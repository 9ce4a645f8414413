-- ===== src/Value/Numbers.antt =====
-- rct/Value.h and rct/String.h: numbers as text. `strtol`, `strtoll`, `strtoull` and the formats of
-- `snprintf` that `String::number` and `Value::convert` call, at base ten and zero.
pub mod Decimal
use rct.Prelude.{
  ℕ, zero, suc, ◌+◌, ◌-◌, ◌*◌, ◌/◌, ◌%◌, Bool, true, false, List, [], ◌∷◌, ◌++◌, Option, none, some,
  and_then, ◌&&◌, ◌||◌, if◌then◌else◌, ltb, leb, ◌==◌,
}
use rct.Prelude.Words.{size_mod}
use rct.Serializer.{u32_mod}

-- `%llu`, on a number of at most `fuel` digits.
unfoldable pub decimal : ℕ → ℕ → List ℕ
decimal zero x = []
decimal (suc fuel) x =
    let rest = decimal fuel (x / 10) in
    if ltb x 10 then (48 + x) ∷ [] else rest ++ ((48 + x % 10) ∷ [])

abbrev pub long_min : ℕ
long_min = 0x8000_0000_0000_0000

-- `String::number(long long)`, on the eight bytes of the number.
unfoldable pub number_long : ℕ → List ℕ
number_long x = if ltb x long_min then decimal 20 x else 45 ∷ decimal 20 (size_mod - x)

-- `static_cast<long long>(int)`, on the four bytes.
unfoldable pub extended : ℕ → ℕ
extended x = if ltb x 0x8000_0000 then x else x + (size_mod - u32_mod)

-- `String::number(int)`
unfoldable pub number_int : ℕ → List ℕ
number_int x = number_long (extended x)

-- What `c_str` ends at.
unfoldable pub until_null : List ℕ → List ℕ
until_null [] = []
until_null (ch ∷ rest) = if ch == 0 then [] else ch ∷ until_null rest

unfoldable pub is_space : ℕ → Bool
is_space ch = ch == 32 || (leb 9 ch && leb ch 13)

unfoldable pub skip_space : List ℕ → List ℕ
skip_space [] = []
skip_space (ch ∷ rest) = if is_space ch then skip_space rest else ch ∷ rest

-- The value of a digit, if it is one at this base.
unfoldable pub digit : ℕ → ℕ → Option ℕ
digit base ch =
    let value =
      if leb 48 ch && leb ch 57
      then ch - 48
      else if leb 97 ch && leb ch 122
      then ch - 87
      else if leb 65 ch && leb ch 90
      then ch - 55
      else 36 in
    if ltb value base then some value else none

-- The number that digits stand for, after `n`, and what stands behind them.
unfoldable pub digits : ℕ → ℕ → List ℕ → ℕ × List ℕ
digits base n [] = (n, [])
digits base n (ch ∷ rest) = elim (digit base ch) [
  | none ↦ (n, ch ∷ rest)
  | some d ↦ digits base (n * base + d) rest
]

-- The digits of a text that has one at least.
unfoldable pub some_digits : ℕ → List ℕ → Option (ℕ × List ℕ)
some_digits base [] = none
some_digits base (ch ∷ rest) = and_then (digit base ch) (λ d. some (digits base d rest))

-- Base ten, or that of the prefix when the base is zero; `0x` is one only before a digit.
unfoldable pub based : Bool → List ℕ → Option (ℕ × List ℕ)
based false text = some_digits 10 text
based true [] = none
based true (ch ∷ []) = some_digits 10 (ch ∷ [])
based true (ch ∷ x ∷ rest) =
    if ch == 48
    then if x == 120 || x == 88
      then elim (some_digits 16 rest) [ none ↦ some (0, x ∷ rest) | some r ↦ some r ]
      else some_digits 8 (ch ∷ x ∷ rest)
    else some_digits 10 (ch ∷ x ∷ rest)

-- The sign, whether it is a minus, and what stands behind it.
unfoldable pub sign : List ℕ → Bool × List ℕ
sign [] = (false, [])
sign (ch ∷ rest) =
    if ch == 45 then (true, rest) else if ch == 43 then (false, rest) else (false, ch ∷ rest)

unfoldable pub whole_signed : Bool → Bool × List ℕ → Option (Bool × ℕ)
whole_signed any_base signed =
    and_then (based any_base signed.1)
      (λ r. elim r.1 [ [] ↦ some (signed.0, r.0) | ch ∷ rest ↦ none ])

-- Sign and magnitude, if the whole text is a number: `!*endPtr`. The empty text is zero.
unfoldable pub whole_number : Bool → List ℕ → Option (Bool × ℕ)
whole_number any_base [] = some (false, 0)
whole_number any_base text = whole_signed any_base (sign (skip_space text))

-- `strtol` and `strtoll` keep what is out of range at the ends of the range.
unfoldable pub clamp_long : Bool × ℕ → ℕ
clamp_long n =
    if n.0
    then (if leb n.1 long_min then (size_mod - n.1) % size_mod else long_min)
    else if ltb n.1 long_min
    then n.1
    else long_min - 1

-- `strtoull`
unfoldable pub clamp_ulong : Bool × ℕ → ℕ
clamp_ulong n =
    if ltb n.1 size_mod then (if n.0 then (size_mod - n.1) % size_mod else n.1) else size_mod - 1

unfoldable pub parse_long : Bool → List ℕ → Option ℕ
parse_long any_base s = and_then (whole_number any_base (until_null s)) (λ n. some (clamp_long n))

unfoldable pub parse_ulong : List ℕ → Option ℕ
parse_ulong s = and_then (whole_number true (until_null s)) (λ n. some (clamp_ulong n))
· · · · ·
- [BRIEF]:
Word for word, retype the lines from the one containing "-- The digits" through the final line of the data, including both ends and nothing more.

- [EXERCISE ANSWER]:
-- The digits of a text that has one at least.
unfoldable pub some_digits : ℕ → List ℕ → Option (ℕ × List ℕ)
some_digits base [] = none
some_digits base (ch ∷ rest) = and_then (digit base ch) (λ d. some (digits base d rest))

-- Base ten, or that of the prefix when the base is zero; `0x` is one only before a digit.
unfoldable pub based : Bool → List ℕ → Option (ℕ × List ℕ)
based false text = some_digits 10 text
based true [] = none
based true (ch ∷ []) = some_digits 10 (ch ∷ [])
based true (ch ∷ x ∷ rest) =
    if ch == 48
    then if x == 120 || x == 88
      then elim (some_digits 16 rest) [ none ↦ some (0, x ∷ rest) | some r ↦ some r ]
      else some_digits 8 (ch ∷ x ∷ rest)
    else some_digits 10 (ch ∷ x ∷ rest)

-- The sign, whether it is a minus, and what stands behind it.
unfoldable pub sign : List ℕ → Bool × List ℕ
sign [] = (false, [])
sign (ch ∷ rest) =
    if ch == 45 then (true, rest) else if ch == 43 then (false, rest) else (false, ch ∷ rest)

unfoldable pub whole_signed : Bool → Bool × List ℕ → Option (Bool × ℕ)
whole_signed any_base signed =
    and_then (based any_base signed.1)
      (λ r. elim r.1 [ [] ↦ some (signed.0, r.0) | ch ∷ rest ↦ none ])

-- Sign and magnitude, if the whole text is a number: `!*endPtr`. The empty text is zero.
unfoldable pub whole_number : Bool → List ℕ → Option (Bool × ℕ)
whole_number any_base [] = some (false, 0)
whole_number any_base text = whole_signed any_base (sign (skip_space text))

-- `strtol` and `strtoll` keep what is out of range at the ends of the range.
unfoldable pub clamp_long : Bool × ℕ → ℕ
clamp_long n =
    if n.0
    then (if leb n.1 long_min then (size_mod - n.1) % size_mod else long_min)
    else if ltb n.1 long_min
    then n.1
    else long_min - 1

-- `strtoull`
unfoldable pub clamp_ulong : Bool × ℕ → ℕ
clamp_ulong n =
    if ltb n.1 size_mod then (if n.0 then (size_mod - n.1) % size_mod else n.1) else size_mod - 1

unfoldable pub parse_long : Bool → List ℕ → Option ℕ
parse_long any_base s = and_then (whole_number any_base (until_null s)) (λ n. some (clamp_long n))

unfoldable pub parse_ulong : List ℕ → Option ℕ
parse_ulong s = and_then (whole_number true (until_null s)) (λ n. some (clamp_ulong n))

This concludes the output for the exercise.